Брэм Кардэйл, – мысленно ругает он себя, – что ты сейчас делаешь, черт тебя возьми?
* * *За минуту до поднятия занавеса Стрикленд усаживается на свое место в первом ряду балкона первого яруса. Он специально пришел именно в это время. Явись он позже, он привлек бы к себе нежелательное внимание или бы его даже отказались пустить в зал, пока не начнется антракт. А если бы он сел на свое место раньше, с ним, чего доброго, мог бы заговорить его сосед. Ему известно из опыта, что завсегдатаи оперы – это общительное и болтливое племя, склонное заводить знакомства на основе общей любви к Вагнеру или Пуччини или обоюдного желания показать, что вы оба театралы и вместе с остальными такими же театралами реагируете на спектакль как некое единое целое. Никто из знающих Николаса Стрикленда не удивился бы, услышав, что он не разделяет подобной склонности к стадному поведению. И когда желание послушать божественную музыку заставляет его купить билет в оперный театр, он делает это несмотря на присутствие там других любителей оперы, а не благодаря ему. Он предпочел бы, чтобы в зале не было вообще никого, кроме него самого и артистов на сцене.
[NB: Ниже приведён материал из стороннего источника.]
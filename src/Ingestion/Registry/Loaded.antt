-- ===== src/Ingestion/Registry/Loaded.antt =====
-- What load_sources accepts.
use production_rag_system.Prelude.{
  ◌≢◌, decimal, Sub, keep, skip, nil, ℕ, ◌+◌, ◌≡◌, refl, sym, ap, subst, ◌∙◌, inl, inr, String,
  Bool, true, false, not, List, [], ◌∷◌, map, some, arith, Dict, contains, Distinct, All, filterb,
  length, eq_iff, Bool-cases, if◌then◌else◌,
}
use production_rag_system.Prelude.Text.{is_empty, join}
use production_rag_system.Core.Result.{Result, ok, err}
use production_rag_system.Ingestion.Schemas.{
  DocStatus, failed, SourceRow, IngestResult, allowed_file_types, row_fields,
  required_source_columns,
}
use production_rag_system.Ingestion.Registry.{
  field, scan_ids, missing_fields, source_row, check_fields, check_row, sorted_in, check_rows,
  checked_ids, checked_columns, load_sources,
}

-- Every field but the notes has a text, and the type is one of the five.
abbrev pub IsComplete : SourceRow → Type 0
IsComplete row =
    All (λ v. is_empty v ≡ false)
      (row.doc_id ∷ row.title ∷ row.source_org ∷ row.url ∷ row.file_type ∷ row.version_label ∷ [])
    × (contains allowed_file_types row.file_type ≡ true)

filterb-nil : (p : String → Bool) (xs : List String) → filterb p xs ≡ [] → All (λ x. p x ≡ false) xs
filterb-nil p [] h = tt
filterb-nil p (x ∷ xs) h = elim (Bool-cases (p x)) [
  | inl e ↦ absurd (ground (arith, e, h))
  | inr e ↦ (e, filterb-nil p xs (ground (arith, e, h)))
]

if-ok :
    (b : Bool) (accepted row : SourceRow) (res : IngestResult)
    → (if b then ok accepted else err res) ≡ ok row
    → (b ≡ true) × (accepted ≡ row)
if-ok true accepted row res h = (refl, ground (arith, h))
if-ok false accepted row res h = absurd (ground arith)

if-err :
    (b : Bool) (accepted : SourceRow) (res given : IngestResult)
    → res.status ≡ failed
    → (if b then ok accepted else err res) ≡ err given
    → given.status ≡ failed
if-err true accepted res given e h = absurd (ground arith)
if-err false accepted res given e h =
    let same : res ≡ given = ground (arith, h) in ap (λ (x : IngestResult). x.status) (sym same) ∙ e

check_fields-IsComplete :
    (i : ℕ) (r : Dict String) (missing : List String) (row : SourceRow)
    → missing_fields r ≡ missing
    → check_fields i r missing ≡ ok row
    → IsComplete row × (row.doc_id ≡ field "doc_id" r)
unfolding decimal field join
check_fields-IsComplete i r (c ∷ cs) row e h = absurd (ground arith)
check_fields-IsComplete i r [] row e h =
    let (known, same) =
      if-ok (contains allowed_file_types (field "file_type" r)) (source_row r) row _ h in
    subst (λ t. IsComplete t × (t.doc_id ≡ field "doc_id" r)) same
      ((filterb-nil (λ c. is_empty (field c r)) row_fields e, known), refl)

check_fields-failed :
    (i : ℕ) (r : Dict String) (missing : List String) (res : IngestResult)
    → check_fields i r missing ≡ err res
    → res.status ≡ failed
unfolding decimal field join
check_fields-failed i r (c ∷ cs) res h = ap status_of (sym h)
  where
    status_of : Result IngestResult SourceRow → DocStatus
    status_of (ok row) = failed
    status_of (err res) = res.status
check_fields-failed i r [] res h =
    if-err (contains allowed_file_types (field "file_type" r)) (source_row r) _ res refl h

-- Accepted rows and rejected ones, of rows whose ids, where they are not empty, are `ids`.
abbrev ids_of : List (Dict String) → List String
ids_of [] = []
ids_of (r ∷ rs) =
    let rest = ids_of rs in if is_empty (field "doc_id" r) then rest else field "doc_id" r ∷ rest

ids_of-named :
    (r : Dict String) (rs : List (Dict String)) (doc_id : String)
    → is_empty doc_id ≡ false
    → doc_id ≡ field "doc_id" r
    → ids_of (r ∷ rs) ≡ doc_id ∷ ids_of rs
ids_of-named r rs doc_id filled named =
    subst (λ d. (if is_empty d then ids_of rs else d ∷ ids_of rs) ≡ doc_id ∷ ids_of rs) named
      (ap (λ b. if b then ids_of rs else doc_id ∷ ids_of rs) filled)

Sub-ids_of :
    (r : Dict String) (rs : List (Dict String)) (xs : List String)
    → Sub xs (ids_of rs)
    → Sub xs (ids_of (r ∷ rs))
Sub-ids_of r rs xs kept =
    elim (is_empty (field "doc_id" r))
      as (λ b. Sub xs (if b then ids_of rs else field "doc_id" r ∷ ids_of rs)) [
        | true ↦ kept
        | false ↦ skip (field "doc_id" r) kept
      ]

abbrev IsSplit : List (Dict String) → List SourceRow × List IngestResult → Type 0
IsSplit raw (valid, rejected) =
    All IsComplete valid
    × All (λ res. res.status ≡ failed) rejected
    × (length valid + length rejected ≡ length raw)
    × Sub (map (λ r. r.doc_id) valid) (ids_of raw)

sorted_in-IsSplit :
    (i : ℕ) (r : Dict String) (rs : List (Dict String)) (c : Result IngestResult SourceRow)
    (rest : List SourceRow × List IngestResult)
    → check_fields i r (missing_fields r) ≡ c
    → IsSplit rs rest
    → IsSplit (r ∷ rs) (sorted_in c rest)
sorted_in-IsSplit i r rs (ok row) (valid, rejected) e (complete, failures, total, kept) =
    let (own, named) = check_fields-IsComplete i r (missing_fields r) row refl e in
    (
      (own, complete),
      failures,
      omega (arith, total),
      subst (λ l. Sub (row.doc_id ∷ map (λ t. t.doc_id) valid) l)
          (sym (ids_of-named r rs row.doc_id own.0.0 named)) (keep row.doc_id kept),
    )
sorted_in-IsSplit i r rs (err res) (valid, rejected) e (complete, failures, total, kept) = (
  complete,
  (check_fields-failed i r (missing_fields r) res e, failures),
  omega (arith, total),
  Sub-ids_of r rs (map (λ t. t.doc_id) valid) kept,
)

check_rows-IsSplit : (i : ℕ) (raw : List (Dict String)) → IsSplit raw (check_rows i raw)
unfolding check_row
check_rows-IsSplit i [] = (tt, tt, refl, nil)
check_rows-IsSplit i (r ∷ rs) =
    sorted_in-IsSplit i r rs (check_fields i r (missing_fields r)) (check_rows (i + 1) rs) refl
      (check_rows-IsSplit (i + 1) rs)

-- Where an id came twice, the scan tells so.
abbrev noted : Bool → Bool → String → List String → List String → List String × List String
noted empty again d seen duplicates =
    if empty
    then (seen, duplicates)
    else (if again then (seen, d ∷ duplicates) else (d ∷ seen, duplicates))

scan_ids-twice :
    (rs : List (Dict String)) (seen : List String) (d : String) (ds : List String)
    → (scan_ids rs (seen, d ∷ ds)).1 ≢ []
scan_ids-twice [] seen d ds = λ h. cc
scan_ids-twice (r ∷ rs) seen d ds =
    let id = field "doc_id" r in
    elim (is_empty id)
      as (λ b. (scan_ids rs (noted b (contains seen id) id seen (d ∷ ds))).1 ≢ []) [
        | true ↦ scan_ids-twice rs seen d ds
        | false ↦
            elim (contains seen id)
              as (λ c. (scan_ids rs (noted false c id seen (d ∷ ds))).1 ≢ []) [
                | true ↦ scan_ids-twice rs seen id (d ∷ ds)
                | false ↦ scan_ids-twice rs (id ∷ seen) d ds
              ]
      ]

-- The ids are distinct, and none was seen before.
abbrev IsFresh : List String → List String → Type 0
IsFresh seen ids = Distinct ids × All (λ d. contains seen d ≡ false) ids

fresh_split :
    (id : String) (seen ids : List String)
    → All (λ d. contains (id ∷ seen) d ≡ false) ids
    → (contains ids id ≡ false) × All (λ d. contains seen d ≡ false) ids
fresh_split id seen [] h = (refl, tt)
fresh_split id seen (d ∷ ds) h =
    let (other, rest) = fresh_split id seen ds h.1 in
    (ground (arith, h.0, other, eq_iff d id, eq_iff id d), (ground (arith, h.0), rest))

scan_ids-IsFresh :
    (rs : List (Dict String)) (seen : List String)
    → (scan_ids rs (seen, [])).1 ≡ []
    → IsFresh seen (ids_of rs)
scan_ids-IsFresh [] seen = λ h. (tt, tt)
scan_ids-IsFresh (r ∷ rs) seen =
    let id = field "doc_id" r in
    elim (is_empty id)
      as (λ b.
        (scan_ids rs (noted b (contains seen id) id seen [])).1 ≡ []
        → IsFresh seen (if b then ids_of rs else id ∷ ids_of rs)) [
          | true ↦ scan_ids-IsFresh rs seen
          | false ↦ λ h. elim (Bool-cases (contains seen id)) [
            | inl again ↦ absurd (
                scan_ids-twice rs seen id []
                  (subst (λ c. (scan_ids rs (noted false c id seen [])).1 ≡ []) again h))
            | inr new ↦
                let (distinct, fresh) =
                  scan_ids-IsFresh rs (id ∷ seen)
                    (subst (λ c. (scan_ids rs (noted false c id seen [])).1 ≡ []) new h) in
                let (other, rest) = fresh_split id seen (ids_of rs) fresh in
                ((other, distinct), (new, rest))
          ]
        ]

Sub-contains :
    {xs ys : List String} → Sub xs ys → (k : String) → contains ys k ≡ false → contains xs k ≡ false
Sub-contains nil k h = refl
Sub-contains (keep x p) k h = ground (arith, h, Sub-contains p k)
Sub-contains (skip x p) k h = Sub-contains p k (ground (arith, h))

pub Sub-Distinct : {xs ys : List String} → Sub xs ys → Distinct ys → Distinct xs
Sub-Distinct nil h = tt
Sub-Distinct (keep x p) h = (Sub-contains p x h.0, Sub-Distinct p h.1)
Sub-Distinct (skip x p) h = Sub-Distinct p h.1

-- What is accepted and rejected of the rows.
abbrev pub IsLoaded : List (Dict String) → List SourceRow × List IngestResult → Type 0
IsLoaded raw (valid, rejected) =
    Distinct (map (λ r. r.doc_id) valid)
    × All IsComplete valid
    × All (λ res. res.status ≡ failed) rejected
    × (length valid + length rejected ≡ length raw)

split-IsLoaded :
    (raw : List (Dict String)) (sorted : List SourceRow × List IngestResult)
    → IsSplit raw sorted
    → Distinct (ids_of raw)
    → IsLoaded raw sorted
split-IsLoaded raw (valid, rejected) (complete, failures, total, kept) distinct =
    (Sub-Distinct kept distinct, complete, failures, total)

checked_ids-IsLoaded :
    (duplicates : List String) (raw : List (Dict String))
    (sorted : List SourceRow × List IngestResult)
    → (scan_ids raw ([], [])).1 ≡ duplicates
    → checked_ids duplicates raw ≡ ok sorted
    → IsLoaded raw sorted
checked_ids-IsLoaded (d ∷ ds) raw sorted e h = absurd (ground arith)
checked_ids-IsLoaded [] raw sorted e h =
    let same : check_rows 2 raw ≡ sorted = ground (arith, h) in
    subst (IsLoaded raw) same (
      split-IsLoaded raw (check_rows 2 raw) (check_rows-IsSplit 2 raw)
        (scan_ids-IsFresh raw [] e).0)

checked_columns-IsLoaded :
    (missing : List String) (raw : List (Dict String)) (sorted : List SourceRow × List IngestResult)
    → checked_columns missing raw ≡ ok sorted
    → IsLoaded raw sorted
checked_columns-IsLoaded (c ∷ cs) raw sorted h = absurd (ground arith)
checked_columns-IsLoaded [] raw sorted h =
    checked_ids-IsLoaded (scan_ids raw ([], [])).1 raw sorted refl h

-- Where load_sources returns for a file with a header: no two of the accepted rows have the same
-- id, each is complete and of one of the five file types, and the rows of the file are as many as
-- the accepted and the rejected together, each of which has the status failed.
pub load_sources-IsLoaded :
    (fieldnames : List String) (raw : List (Dict String))
    (sorted : List SourceRow × List IngestResult)
    → load_sources (some fieldnames) raw ≡ ok sorted
    → IsLoaded raw sorted
unfolding load_sources
load_sources-IsLoaded fieldnames raw sorted h =
    checked_columns-IsLoaded (filterb (λ c. not (contains fieldnames c)) required_source_columns)
      raw sorted h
Однако сегодня, в этот ноябрьский вечер, он покинул приятное уединение своих апартаментов отнюдь не из-за музыки. Он не любитель Моцарта, ибо считает его творчество по большей части раздражающе легковесным. К тому же в зале, полном тех, кто ищет подобных бездумных развлечений, всегда стоит гул, состоящий из звуков ерзания и переговаривающихся голосов, который утомляет и отвлекает внимание от сцены.
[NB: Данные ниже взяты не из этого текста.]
-- ===== src/Ingestion/Run/Quiet.antt =====
-- The downloader and the conversion of old files change the raw files alone.
use production_rag_system.Prelude.{
  ℕ, String, ◌≡◌, refl, Bool, true, false, ◌-◌, leb, List, Option, none, some, arith, lookup,
  str_eq, eq_iff, if◌then◌else◌,
}
use production_rag_system.Core.Result.{Result, ok, err}
use production_rag_system.Core.Settings.{Settings}
use production_rag_system.Ingestion.Schemas.{SourceRow, RawPath, DownloadOutcome, Corpus}
use production_rag_system.Ingestion.Downloader.{
  HttpError, Response, transient, other_http, fetch, after_request, received, get_retrying,
  from_marker, sniff_content_type,
}
use production_rag_system.Ingestion.Legacy.{
  Conversion, no_program, exited, done_with, at_path, after_conversion_run, convert_to,
  convert_legacy, legacy_target,
}

pub self_eq : (s : String) → str_eq s s ≡ true
self_eq s = ground (arith, eq_iff s s)

pub if_both {ℓ κ} :
    {A : Type ℓ} (P : A → Type κ) (b : Bool) {x y : A} → P x → P y → P (if b then x else y)
if_both P true p q = p
if_both P false p q = q

pub if_known {ℓ κ} :
    {A : Type ℓ} (P : A → Type κ) (b : Bool) {x y : A}
    → (b ≡ true → P x)
    → P y
    → P (if b then x else y)
if_known P true p q = p refl
if_known P false p q = q

-- Only raw files have changed.
abbrev pub Quiet : Corpus → Corpus → Type 0
Quiet st after = (after.documents ≡ st.documents) × (after.extracted_files ≡ st.extracted_files)

at_path-Quiet :
    (st after : Corpus) (path : RawPath) (target_ext : String) (found : Option (List ℕ))
    → Quiet st after
    → Quiet st (at_path path target_ext after found).1
at_path-Quiet st after path target_ext none q = q
at_path-Quiet st after path target_ext (some content) q = q

run-Quiet :
    (st : Corpus) (path : RawPath) (target_ext : String) (c : Conversion)
    → Quiet st (after_conversion_run target_ext path st c).1
run-Quiet st path target_ext (no_program message) = (refl, refl)
run-Quiet st path target_ext (exited code stderr) = (refl, refl)
run-Quiet st path target_ext (done_with content) = at_path-Quiet st _ _ target_ext _ (refl, refl)

convert_to-Quiet :
    (libreoffice : RawPath → String → Conversion) (path : RawPath) (st : Corpus) (suffix : String)
    (target : Option String)
    → Quiet st (convert_to libreoffice path st suffix target).1
convert_to-Quiet libreoffice path st suffix none = (refl, refl)
convert_to-Quiet libreoffice path st suffix (some target_ext) =
    run-Quiet st path target_ext (libreoffice path target_ext)

pub convert_legacy-Quiet :
    (lower : String → String) (libreoffice : RawPath → String → Conversion) (path : RawPath)
    (st : Corpus)
    → Quiet st (convert_legacy lower libreoffice path st).1
unfolding convert_legacy
convert_legacy-Quiet lower libreoffice path st =
    convert_to-Quiet libreoffice path st (lower path.suffix)
      (lookup (lower path.suffix) legacy_target)

module _ {F : Type 0} (settings : Settings F) (sha256 : List ℕ → String) where
  received-Quiet :
      (row : SourceRow) (response : Response) (st : Corpus)
      → Quiet st (received settings sha256 row response st).1
  unfolding received
  received-Quiet row response st =
      if_both (λ (r : DownloadOutcome × Corpus). Quiet st r.1) (leb 400 response.status_code)
        (refl, refl)
        (if_both (λ (r : DownloadOutcome × Corpus). Quiet st r.1)
          (sniff_content_type (from_marker row response.content) row.file_type)
          (if_both (λ (s : Corpus). Quiet st s) _ (refl, refl) (refl, refl)) (refl, refl))

  after_request-Quiet :
      (row : SourceRow) (st : Corpus) (r : Result HttpError Response)
      → Quiet st (after_request settings sha256 row st r).1
  unfolding after_request
  after_request-Quiet row st (err (other_http message)) = (refl, refl)
  after_request-Quiet row st (err (transient message)) = (refl, refl)
  after_request-Quiet row st (ok response) = received-Quiet row response st

  pub fetch-Quiet :
      (row : SourceRow) (get : ℕ → Result HttpError Response) (st : Corpus)
      → Quiet st (fetch settings sha256 row get st).1
  unfolding fetch
  fetch-Quiet row get st =
      after_request-Quiet row st
        (get_retrying settings sha256 row get (settings.ingest_max_retries - 1) 1)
Оркестр играет хорошо, и у певца, исполняющего роль Фигаро, весьма приятный баритон. Однако минуты все равно текут слишком медленно. Стрикленд решает подождать, когда действие оперы достаточно закрутится и так захватит публику, что большая часть ее внимания будет обращена к сцене. Но если он прождет слишком долго, желание выпить в антракте бокал шампанского или съесть легкий ужин сделает слушателей невнимательными и склонными оглядываться по сторонам, что совсем не соответствует его целям. Дождавшись, когда настанет самый удобный момент, Стрикленд берет в руки оперный бинокль и подносит его к глазам. Это его собственный бинокль, купленный им в Вене несколько лет назад; он искусно сработан из слоновой кости и серебра, и к нему прикреплен шелковый шнур, чтобы можно было вешать его на шею, когда ты в него не смотришь. Глядя через его мощные линзы, Стрикленд видит румянец, покрывающий молодое гладкое горло Сюзанны, и густо насурьмленные глаза ее жениха. По его мнению, на оперных певцов лучше всего глядеть сверху и из глубины зала. Он медленно поворачивает бинокль и направляет его на человека, который сидит в первом ряду частной ложи, расположенной справа от сцены. Ему никто не загораживает вид на эту ложу, потому-то он и купил билет именно на то место, на котором сидит сейчас. Человек в окулярах его бинокля явно получает огромное удовольствие. В одной руке он держит большой бокал красного вина, а в другой – длинную сигару. Неестественный блеск его глаз свидетельствует о том, что сегодняшний кутеж начался для него уже давно, а также о том, что атмосфера вокруг привычна ему. Рядом с ним сидят его жена, брат и остальное семейство плюс пара не очень видных аристократов, которых он, вероятно, пригласил в ложу, чтобы пустить пыль в глаза роскошью приема и своим тонким музыкальным вкусом. Глядя на выражение их лиц, можно сделать вывод, что благодаря прекрасному вину они хорошо проведут вечер в его компании, однако Стрикленд сомневается, согласились бы они общаться с ним, если бы знали: он практикующий некромант и член ведовского Клана Лазаря. Один из самых видных волшебников, которого другие глубоко уважают и высоко ценят. А еще он преданный сторонник семейства Монтгомери. Именно поэтому Стрикленд и считает его препятствием на своем пути. Препятствием, которое надо устранить, чтобы оно не мешало осуществлению желаний Стражей. И главное, осуществлению его собственных желаний.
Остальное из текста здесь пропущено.